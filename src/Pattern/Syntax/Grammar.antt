-- ===== src/Pattern/Syntax/Grammar.antt =====
-- ganymede-pattern-core/src/pattern/syntax.rs: the grammar, from one operation to the whole source.
use ganymede.Common.{
  ℕ, zero, suc, ◌-◌, List, [], ◌∷◌, ◌++◌, Option, none, some, Bool, true, false, not, ◌&&◌, ◌||◌,
  leb, ◌==◌, if◌then◌else◌, length, max,
}
use ganymede.Pattern.Atom.{Atom}
use ganymede.Pattern.Read.{Bytes}
use ganymede.Pattern.Syntax.{
  error_at, Parser, parser_new, Parsed, out_of_fuel, failed, parsed, ◌>>=◌, hex, nibble, is_some,
  is_nibble, is_some_and, skip_push, slot, advance, peek, take_or, space, decimal, quoted, empty,
  unexpected, incomplete_byte, invalid_hex, invalid_skip, aligned_operand, read_operand,
  relative_operand, sub_pattern, alternative,
}
use ganymede.Pattern.Syntax.Lower.{
  Leading, leading, from_nibbles, exponent, read_atom, encode_choice, trim, save, skip, quote,
  jump1, jump4, pointer, aligned, signed, unsigned, relative, zero_slot, choice, wildcard, digit,
  other,
}

-- `sequence` at a smaller fuel.
abbrev pub Nested : Type 0
Nested = Option ℕ → Parser → Parsed (List Atom)

module _ (source : Bytes) where
  abbrev pub second_is_nibble : ℕ → Parser → Bool
  second_is_nibble first p =
      if first == 63
      then is_some_and (peek source p) (λ b. is_some (hex b))
      else is_some_and (peek source p) is_nibble

  unfoldable pub byte : ℕ → ℕ → List Atom → Parser → Parsed (List Atom)
  byte start first atoms p =
      if first == 63 && not (second_is_nibble first p)
      then parsed (skip_push atoms 1) p
      else (take_or source (error_at start incomplete_byte) p >>= λ second.
          from_nibbles (error_at start invalid_hex) atoms (nibble first) (nibble second))

  abbrev pub ranged_skip : ℕ → List Atom → ℕ → ℕ → Parser → Parsed (List Atom)
  ranged_skip start atoms minimum maximum p = elim (peek source p) [
    | none ↦ failed (error_at start invalid_skip)
    | some close ↦
        if not (close == 93) || leb maximum minimum
        then failed (error_at start invalid_skip)
        else parsed (skip_push atoms minimum ++ Atom.many (maximum - minimum) ∷ []) (advance p)
  ]

  abbrev pub skip_rest : ℕ → List Atom → ℕ → Parser → Parsed (List Atom)
  skip_rest start atoms minimum p = elim (peek source p) [
    | none ↦ failed (error_at start invalid_skip)
    | some b ↦
        if b == 93
        then parsed (skip_push atoms minimum) (advance p)
        else if b == 45
        then decimal source start (advance p) >>= ranged_skip start atoms minimum
        else failed (error_at start invalid_skip)
  ]

  unfoldable pub skip_range : ℕ → List Atom → Parser → Parsed (List Atom)
  skip_range start atoms p = decimal source start p >>= skip_rest start atoms

  unfoldable pub follow : Nested → Atom → ℕ → List Atom → Parser → Parsed (List Atom)
  follow nested target resume atoms p =
      let q = space source p in
      elim (is_some_and (peek source q) (λ b. b == 123)) [
        | false ↦ parsed (atoms ++ target ∷ []) q
        | true ↦ nested (some 125) (advance q) >>= λ inner.
            parsed (atoms ++ Atom.push resume ∷ target ∷ inner ++ Atom.pop ∷ [])
      ]

  unfoldable pub align : ℕ → List Atom → Parser → Parsed (List Atom)
  align start atoms p = take_or source (error_at start aligned_operand) p >>= λ b q.
      elim (exponent b) [
        | none ↦ failed (error_at start aligned_operand)
        | some e ↦ parsed (atoms ++ Atom.aligned e ∷ []) q
      ]

  unfoldable pub read : ℕ → Bool → List Atom → Parser → Parsed (List Atom)
  read start is_signed atoms p = take_or source (error_at start read_operand) p >>= λ width q.
      slot q >>= λ n q'. elim (read_atom is_signed width n) [
        | none ↦ failed (error_at start read_operand)
        | some a ↦ parsed (atoms ++ a ∷ []) q'
      ]

  unfoldable pub relative_read : ℕ → List Atom → Parser → Parsed (List Atom)
  relative_read start atoms p = take_or source (error_at start relative_operand) p >>= λ width q.
      if not (width == 52)
      then failed (error_at start relative_operand)
      else (slot q >>= λ n. parsed (atoms ++ Atom.read_rel32 n ∷ []))

  abbrev pub finish_choice : ℕ → ℕ → List Atom → List (List Atom) → Parser → Parsed (List Atom)
  finish_choice start maximum_slot atoms alternatives p =
      if leb 2 (length alternatives)
      then parsed (encode_choice atoms alternatives) (record p { next_slot = maximum_slot })
      else failed (error_at start alternative)

  -- `|` goes on with the next alternative.
  abbrev pub choice_close :
      (Parser → Parsed (List Atom))
      → ℕ
      → ℕ
      → List Atom
      → List (List Atom)
      → ℕ
      → Parser
      → Parsed (List Atom)
  choice_close onward start maximum_slot atoms alternatives b p = elim (b == 124) [
    | true ↦ onward p
    | false ↦
        if b == 41
        then finish_choice start maximum_slot atoms alternatives p
        else failed (error_at start alternative)
  ]

  abbrev pub choice_rest :
      (Parser → Parsed (List Atom))
      → ℕ
      → ℕ
      → List Atom
      → List (List Atom)
      → List Atom
      → Parser
      → Parsed (List Atom)
  choice_rest onward start maximum_slot atoms alternatives last p = elim (length last == 0) [
    | true ↦ failed (error_at start alternative)
    | false ↦
        take_or source (error_at start alternative) (space source p)
        >>= choice_close onward start maximum_slot atoms (alternatives ++ last ∷ [])
  ]

  unfoldable pub choice_loop :
      Nested → ℕ → ℕ → ℕ → List Atom → ℕ → List (List Atom) → Parser → Parsed (List Atom)
  choice_loop nested zero start entry_slot atoms maximum_slot alternatives p = out_of_fuel
  choice_loop nested (suc fuel) start entry_slot atoms maximum_slot alternatives p =
      nested none (record p { next_slot = entry_slot }) >>= λ last q.
      choice_rest
        (choice_loop nested fuel start entry_slot atoms (max maximum_slot q.next_slot)
          (alternatives ++ last ∷ []))
        start (max maximum_slot q.next_slot) atoms alternatives last q

  -- The `match` of `operation` after the leading byte.
  unfoldable pub arm : Nested → ℕ → ℕ → List Atom → ℕ → Leading → Parser → Parsed (List Atom)
  arm nested fuel start atoms b save p = slot p >>= λ n. parsed (atoms ++ Atom.save n ∷ [])
  arm nested fuel start atoms b skip p = skip_range start atoms p
  arm nested fuel start atoms b quote p = quoted source start atoms p
  arm nested fuel start atoms b jump1 p = follow nested Atom.jump1 1 atoms p
  arm nested fuel start atoms b jump4 p = follow nested Atom.jump4 4 atoms p
  arm nested fuel start atoms b pointer p = follow nested Atom.pointer 0 atoms p
  arm nested fuel start atoms b aligned p = align start atoms p
  arm nested fuel start atoms b signed p = read start true atoms p
  arm nested fuel start atoms b unsigned p = read start false atoms p
  arm nested fuel start atoms b relative p = relative_read start atoms p
  arm nested fuel start atoms b zero_slot p =
      slot p >>= λ n. parsed (atoms ++ Atom.zero_slot n ∷ [])
  arm nested fuel start atoms b choice p =
      choice_loop nested fuel start p.next_slot atoms p.next_slot [] p
  arm nested fuel start atoms b wildcard p = byte start b atoms p
  arm nested fuel start atoms b digit p = byte start b atoms p
  arm nested fuel start atoms b other p = failed (error_at start (unexpected b))

  unfoldable pub operation : Nested → ℕ → List Atom → Parser → Parsed (List Atom)
  operation nested fuel atoms p = take_or source (error_at p.offset empty) p >>= λ b.
      arm nested fuel p.offset atoms b (leading b)

  -- A round of the loop of `sequence`, with the atoms so far; each round takes a byte at least.
  unfoldable pub sequence : ℕ → Option ℕ → List Atom → Parser → Parsed (List Atom)
  sequence zero end atoms p = out_of_fuel
  sequence (suc fuel) end atoms p =
      let q = space source p in
      elim (peek source q) [
        | none ↦ elim end [
          | some _ ↦ failed (error_at q.offset sub_pattern)
          | none ↦ parsed atoms q
        ]
        | some b ↦ elim (is_some_and end (λ e. e == b)) [
          | true ↦ parsed atoms (advance q)
          | false ↦ elim (b == 124 || b == 41) [
            | true ↦ parsed atoms q
            | false ↦ operation (λ e. sequence fuel e []) fuel atoms q >>= sequence fuel end
          ]
        ]
      ]

  -- An offset that is not the source's length is below it, so `peek` gives the byte there.
  abbrev pub finish : List Atom → Parser → Parsed (List Atom)
  finish nested p =
      let q = space source p in
      elim (peek source q) [
        | some b ↦ failed (error_at q.offset (unexpected b))
        | none ↦
            let atoms = trim (Atom.save 0 ∷ nested) in
            if length atoms == 1 then failed (error_at 0 empty) else parsed atoms q
      ]

  unfoldable pub parse : Parsed (List Atom)
  parse = sequence (suc (length source)) none [] parser_new >>= finish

-------------------------

(Task to carry out): In the data above, find each line that uses the string "minimum". Copy it.

(Solution for this problem):
  ranged_skip start atoms minimum maximum p = elim (peek source p) [
        if not (close == 93) || leb maximum minimum
        else parsed (skip_push atoms minimum ++ Atom.many (maximum - minimum) ∷ []) (advance p)
  skip_rest start atoms minimum p = elim (peek source p) [
        then parsed (skip_push atoms minimum) (advance p)
        then decimal source start (advance p) >>= ranged_skip start atoms minimum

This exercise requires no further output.